Collected data entries:
((

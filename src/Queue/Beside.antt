-- ===== src/Queue/Beside.antt =====
-- A position that one round of `_position_beside` (src/queuer/db.py) finds is right beside the
-- target's: on the asked side of it, with no other row of the lane in between.
use custom_queuer.Prelude.{
  +ℤ_parts, -ℤ_parts, All, All-find, All-map, All-select_inv, Bool, Bool-cases, Option, arith,
  false, inl, inr, leb_ℤ, leb_ℤ→≤, ltb_ℤ, ltb_ℤ_false→≤, ltb_ℤ→<, midpoint_between, none, not, pos,
  select, select-passes, some, some-injective, subst, true, ℕ, ℤ, ◌&&◌, ◌+ℤ◌, ◌<ℤ◌, ◌==◌, ◌≡◌, ◌≤ℤ◌,
  ◌⊎◌,
}
use custom_queuer.Tables.{Db, Job, get_job, in_lane}
use custom_queuer.Queue.{
  beside_rows, find_position, is_excluded, lane_rows, max_position, min_position, position_above,
  position_below, position_between, position_near,
}
use custom_queuer.Queue.Positions.{
  AtLeast, AtMost, OnSome, le-max_position, max_position_attained, min_position-le,
  min_position_attained,
}

-- `p` is on the asked side of `target`.
abbrev pub IsOnSide : Bool → ℤ → ℤ → Type 0
IsOnSide true target p = target <ℤ p
IsOnSide false target p = p <ℤ target

-- `q` does not lie between `target` and `p`.
abbrev pub IsNotBetween : Bool → ℤ → ℤ → ℤ → Type 0
IsNotBetween true target p q = (q ≤ℤ target) ⊎ (p <ℤ q)
IsNotBetween false target p q = (target ≤ℤ q) ⊎ (q <ℤ p)

pub position_between_strict :
    (low high p : ℤ) → position_between low high ≡ some p → (low <ℤ p) × (p <ℤ high)
unfolding position_between
position_between_strict low high p e = elim (Bool-cases (leb_ℤ (low +ℤ pos 2) high)) [
  | inl t ↦
      subst (λ m. (low <ℤ m) × (m <ℤ high)) (some-injective _ _ (rw t at e))
        (midpoint_between low high (leb_ℤ→≤ (low +ℤ pos 2) high t))
  | inr f ↦ absurd (cc (rw f at e))
]

near-IsOnSide :
    (after : Bool) (target p : ℤ) (near : Option ℤ)
    → OnSome (IsOnSide after target) near
    → position_near target after near ≡ some p
    → IsOnSide after target p
near-IsOnSide true target p none h e =
    subst (λ m. target <ℤ m) (some-injective _ _ e) (omega (arith, +ℤ_parts target (pos 1024)))
near-IsOnSide true target p (some n) h e = (position_between_strict target n p e).0
near-IsOnSide false target p none h e =
    subst (λ m. m <ℤ target) (some-injective _ _ e) (omega (arith, -ℤ_parts target (pos 1024)))
near-IsOnSide false target p (some n) h e = (position_between_strict n target p e).1

IsNotBetween-above :
    (target p q : ℤ) (near : Option ℤ)
    → (ltb_ℤ target q ≡ true → AtLeast near (some q))
    → position_near target true near ≡ some p
    → IsNotBetween true target p q
IsNotBetween-above target p q none h e = elim (Bool-cases (ltb_ℤ target q)) [
  | inl t ↦ absurd (h t)
  | inr f ↦ inl (ltb_ℤ_false→≤ target q f)
]
IsNotBetween-above target p q (some n) h e = elim (Bool-cases (ltb_ℤ target q)) [
  | inl t ↦ inr (omega (arith, h t, position_between_strict target n p e))
  | inr f ↦ inl (ltb_ℤ_false→≤ target q f)
]

IsNotBetween-below :
    (target p q : ℤ) (near : Option ℤ)
    → (ltb_ℤ q target ≡ true → AtMost near (some q))
    → position_near target false near ≡ some p
    → IsNotBetween false target p q
IsNotBetween-below target p q none h e = elim (Bool-cases (ltb_ℤ q target)) [
  | inl t ↦ absurd (h t)
  | inr f ↦ inl (ltb_ℤ_false→≤ q target f)
]
IsNotBetween-below target p q (some n) h e = elim (Bool-cases (ltb_ℤ q target)) [
  | inl t ↦ inr (omega (arith, h t, position_between_strict n target p e))
  | inr f ↦ inl (ltb_ℤ_false→≤ q target f)
]

module _ (db : Db) (channel : ℕ) (is_priority : Bool) (target : ℤ) (exclude_id : Option ℕ) where
  -- The nearest position above the target bounds every position above it.
  after_rows :
      All
        (λ j.
          in_lane channel is_priority j ≡ true
          → position_above target j.position && not (is_excluded exclude_id j.id) ≡ true
          → AtLeast
              (min_position (beside_rows db channel is_priority target true exclude_id))
              j.position)
        db.jobs
  unfolding beside_rows lane_rows
  after_rows = All-select_inv _ (in_lane channel is_priority) db.jobs (
      All-select_inv _ _ (select (in_lane channel is_priority) db.jobs)
        (min_position-le (beside_rows db channel is_priority target true exclude_id)))

  before_rows :
      All
        (λ j.
          in_lane channel is_priority j ≡ true
          → position_below target j.position && not (is_excluded exclude_id j.id) ≡ true
          → AtMost
              (max_position (beside_rows db channel is_priority target false exclude_id))
              j.position)
        db.jobs
  unfolding beside_rows lane_rows
  before_rows = All-select_inv _ (in_lane channel is_priority) db.jobs (
      All-select_inv _ _ (select (in_lane channel is_priority) db.jobs)
        (le-max_position (beside_rows db channel is_priority target false exclude_id)))

  pub above_attained :
      OnSome
        (λ n. target <ℤ n)
        (min_position (beside_rows db channel is_priority target true exclude_id))
  unfolding beside_rows
  above_attained =
      min_position_attained (λ n. target <ℤ n) _
        (All-map _ (λ j. OnSome (λ n. target <ℤ n) j.position)
          (beside_rows db channel is_priority target true exclude_id)
          (λ j h. on_above j.position (not (is_excluded exclude_id j.id)) h)
          (select-passes _ (lane_rows db channel is_priority)))
    where
      on_above :
          (o : Option ℤ) (b : Bool)
          → position_above target o && b ≡ true
          → OnSome (λ n. target <ℤ n) o
      on_above none b h = tt
      on_above (some n) b h = ltb_ℤ→< target n (ground (arith, h))

  pub below_attained :
      OnSome
        (λ n. n <ℤ target)
        (max_position (beside_rows db channel is_priority target false exclude_id))
  unfolding beside_rows
  below_attained =
      max_position_attained (λ n. n <ℤ target) _
        (All-map _ (λ j. OnSome (λ n. n <ℤ target) j.position)
          (beside_rows db channel is_priority target false exclude_id)
          (λ j h. on_below j.position (not (is_excluded exclude_id j.id)) h)
          (select-passes _ (lane_rows db channel is_priority)))
    where
      on_below :
          (o : Option ℤ) (b : Bool)
          → position_below target o && b ≡ true
          → OnSome (λ n. n <ℤ target) o
      on_below none b h = tt
      on_below (some n) b h = ltb_ℤ→< n target (ground (arith, h))

  -- Whatever one round finds lies on the asked side of the target.
  pub find_position-IsOnSide :
      (after : Bool) (p : ℤ)
      → find_position db channel is_priority target after exclude_id ≡ some p
      → IsOnSide after target p
  unfolding find_position
  find_position-IsOnSide true p e = near-IsOnSide true target p _ above_attained e
  find_position-IsOnSide false p e = near-IsOnSide false target p _ below_attained e

  -- No row of the lane lies between the target and the position found.
  pub find_position-IsNotBetween :
      (after : Bool) (p q : ℤ) (j : Job)
      → find_position db channel is_priority target after exclude_id ≡ some p
      → get_job db j.id ≡ some j
      → in_lane channel is_priority j ≡ true
      → is_excluded exclude_id j.id ≡ false
      → j.position ≡ some q
      → IsNotBetween after target p q
  unfolding find_position get_job
  find_position-IsNotBetween true p q j e found lane other at =
      IsNotBetween-above target p q _
        (λ t. subst (AtLeast _) at (
          All-find _ (λ k. k.id == j.id) db.jobs after_rows found lane
            (rw (at, other) (ground (arith, t)))))
        e
  find_position-IsNotBetween false p q j e found lane other at =
      IsNotBetween-below target p q _
        (λ t. subst (AtMost _) at (
          All-find _ (λ k. k.id == j.id) db.jobs before_rows found lane
            (rw (at, other) (ground (arith, t)))))
        e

))

Work through the records above. Copy every line with the string "high".

* _RESPONSE AREA_:
    (low high p : ℤ) → position_between low high ≡ some p → (low <ℤ p) × (p <ℤ high)
position_between_strict low high p e = elim (Bool-cases (leb_ℤ (low +ℤ pos 2) high)) [
      subst (λ m. (low <ℤ m) × (m <ℤ high)) (some-injective _ _ (rw t at e))
        (midpoint_between low high (leb_ℤ→≤ (low +ℤ pos 2) high t))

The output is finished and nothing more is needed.